I need each line of the entries below that includes the string "empty".

--- THE RECORDS ---
◇ ◇ ◇ ◇
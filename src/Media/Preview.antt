-- ===== src/Media/Preview.antt =====
-- What a listener of a preview may read.
use ketapod_website.Base.{
  ℕ, ◌+◌, ◌*◌, ◌<◌, ◌≡◌, ap, ◌∙◌, inl, inr, false, Option, none, some, [], ◌∷◌, arith, Bool-cases,
}
use mathlib.Core.Path.{subst}
use ketapod_website.Base.Int.{
  ℤ, pos, ◌+ℤ◌, ◌-ℤ◌, ◌*ℤ◌, ◌≤ℤ◌, ◌<ℤ◌, ltb_ℤ, leb_ℤ, min_ℤ, quot, wrap64, wrap64_fits, Int64,
  int64_half, mul_pos,
}
use ketapod_website.Base.Text.{Bytes, contains_byte, cut, cut_prefix, trim_left, trim_right}
use ketapod_website.Media.{
  parse_int, parsed_end, clamp_end, clamp_start, clamp_parts, clamp_spec, clamp_header, clamp_range,
  preview_byte_limit, bytes_unit,
}

-- A range that is not empty, not negative and ends before the limit.
pub record IsInside (limit : ℤ) (r : ℤ × ℤ) : Type 0 where
  pub from_start : pos 0 ≤ℤ r.0
  pub in_order : r.0 ≤ℤ r.1
  pub before_limit : r.1 <ℤ limit

last_byte : (limit : ℤ) → Int64 limit → pos 0 <ℤ limit → wrap64 (limit -ℤ pos 1) ≡ limit -ℤ pos 1
unfolding ◌-ℤ◌
last_byte limit h p = wrap64_fits _ (ground arith)

module _ (limit : ℤ) (fits : Int64 limit) (positive : pos 0 <ℤ limit) where
  whole-IsInside : (s : ℤ) → pos 0 ≤ℤ s → s <ℤ limit → IsInside limit (s, limit -ℤ pos 1)
  unfolding ◌-ℤ◌
  whole-IsInside s p q = record {
    from_start = p;
    in_order = ground arith;
    before_limit = ground arith;
  }

  part-IsInside :
      (s e : ℤ) → pos 0 ≤ℤ s → s <ℤ limit → s ≤ℤ e → IsInside limit (s, min_ℤ e (limit -ℤ pos 1))
  unfolding ◌-ℤ◌ min_ℤ
  part-IsInside s e p q o = record {
    from_start = p;
    in_order = ground arith;
    before_limit = ground arith;
  }

  -- The result, where there is one, is inside.
  abbrev AllInside : Option (ℤ × ℤ) → Type 0
  AllInside none = Unit {0}
  AllInside (some r) = IsInside limit r

  end-inside : (s : ℤ) (o : Option ℤ) → pos 0 ≤ℤ s → s <ℤ limit → AllInside (parsed_end limit s o)
  end-inside s none p q = tt
  end-inside s (some e) p q = elim (Bool-cases (ltb_ℤ e s)) [
    | inl short ↦ rw short tt
    | inr ordered ↦
        rw (ordered, last_byte limit fits positive) (part-IsInside s e p q (ground arith))
  ]

  clamp_end-inside :
      (s : ℤ) (rest : Bytes) → pos 0 ≤ℤ s → s <ℤ limit → AllInside (clamp_end limit s rest)
  unfolding clamp_end
  clamp_end-inside s [] p q = rw (last_byte limit fits positive) (whole-IsInside s p q)
  clamp_end-inside s (c ∷ cs) p q = end-inside s (parse_int (c ∷ cs)) p q

  clamp_start-inside : (o : Option ℤ) (rest : Bytes) → AllInside (clamp_start limit o rest)
  unfolding clamp_start
  clamp_start-inside none rest = tt
  clamp_start-inside (some s) rest = elim (Bool-cases (ltb_ℤ s (pos 0))) [
    | inl negative ↦ rw negative tt
    | inr from_start ↦ elim (Bool-cases (leb_ℤ limit s)) [
      | inl past ↦ rw (from_start, past) tt
      | inr before ↦ rw (from_start, before) (clamp_end-inside s rest (ground arith) (ground arith))
    ]
  ]

  clamp_parts-inside : (o : Option (Bytes × Bytes)) → AllInside (clamp_parts limit o)
  clamp_parts-inside none = tt
  clamp_parts-inside (some ([], rest)) = tt
  clamp_parts-inside (some (c ∷ cs, rest)) = clamp_start-inside (parse_int (c ∷ cs)) rest

  clamp_spec-inside : (o : Option Bytes) → AllInside (clamp_spec limit o)
  clamp_spec-inside none = tt
  clamp_spec-inside (some s) = elim (Bool-cases (contains_byte b',' s)) [
    | inl several ↦ rw several tt
    | inr single ↦ rw single (clamp_parts-inside (cut b'-' s))
  ]

  clamp_header-inside : (h : Bytes) → AllInside (clamp_header limit h)
  clamp_header-inside [] =
      rw (last_byte limit fits positive) (whole-IsInside (pos 0) (omega arith) positive)
  clamp_header-inside (c ∷ cs) =
      clamp_spec-inside (cut_prefix bytes_unit (trim_right (trim_left (c ∷ cs))))

  AllInside-some : (o : Option (ℤ × ℤ)) {r : ℤ × ℤ} → AllInside o → o ≡ some r → IsInside limit r
  AllInside-some none h e = cc
  AllInside-some (some q) {r} h e =
      let same : q ≡ r = ground (arith, e) in subst (IsInside limit) same h

-- Whatever the header says, a range that is granted under a limit that fits an int64 starts at a
-- byte of the file, is not empty and ends before the limit, which is then positive.
pub clamp_range-IsInside :
    (header : Bytes) (limit : ℤ) (r : ℤ × ℤ)
    → Int64 limit
    → clamp_range header limit ≡ some r
    → (pos 0 <ℤ limit) × IsInside limit r
unfolding clamp_range
clamp_range-IsInside header limit r fits h = elim (Bool-cases (leb_ℤ limit (pos 0))) [
  | inl nothing ↦ let refused : none ≡ some r = rw nothing at h in absurd (cc refused)
  | inr some_bytes ↦
      let positive : pos 0 <ℤ limit = ground arith in
      let granted : clamp_header limit header ≡ some r = rw some_bytes at h in
      (
        positive,
        AllInside-some limit fits positive _ (clamp_header-inside limit fits positive header)
            granted,
      )
]

quot_eighth : (n : ℕ) → quot (pos (n * 1_000)) 8 ≡ pos (n * 125)
unfolding quot
quot_eighth n = ground arith

plus_headroom : (n : ℕ) → n + 65_536 < int64_half → wrap64 (pos n +ℤ pos 65_536) ≡ pos (n + 65_536)
unfolding ◌+ℤ◌
plus_headroom n h = ap wrap64 (ground arith) ∙ wrap64_fits (pos (n + 65_536)) (ground arith)

-- A preview of n seconds at k kbit, both positive and small enough for an int64, is given n * k *
-- 125 bytes, which is exactly what it plays, and the 64 KiB for the container.
pub preview_byte_limit_exact :
    (n k : ℕ)
    → 0 < n
    → 0 < k
    → n * k * 1_000 + 65_536 < int64_half
    → preview_byte_limit (pos n) (pos k) ≡ pos (n * k * 125 + 65_536)
unfolding preview_byte_limit
preview_byte_limit_exact n k p q fits =
    let a : wrap64 (pos n *ℤ pos k) ≡ pos (n * k) =
      ap wrap64 (mul_pos n k) ∙ wrap64_fits (pos (n * k)) (grind arith) in
    let b : wrap64 (pos (n * k) *ℤ pos 1_000) ≡ pos (n * k * 1_000) =
      ap wrap64 (mul_pos (n * k) 1_000) ∙ wrap64_fits (pos (n * k * 1_000)) (grind arith) in
    let long : leb_ℤ (pos n) (pos 0) ≡ false = ground arith in
    let fast : leb_ℤ (pos k) (pos 0) ≡ false = ground arith in
    rw (long, fast, a, b, quot_eighth (n * k)) (plus_headroom (n * k * 125) (grind arith))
◇ ◇ ◇ ◇
--- SOLUTION FOR THIS EXERCISE ---
-- A range that is not empty, not negative and ends before the limit.
-- byte of the file, is not empty and ends before the limit, which is then positive.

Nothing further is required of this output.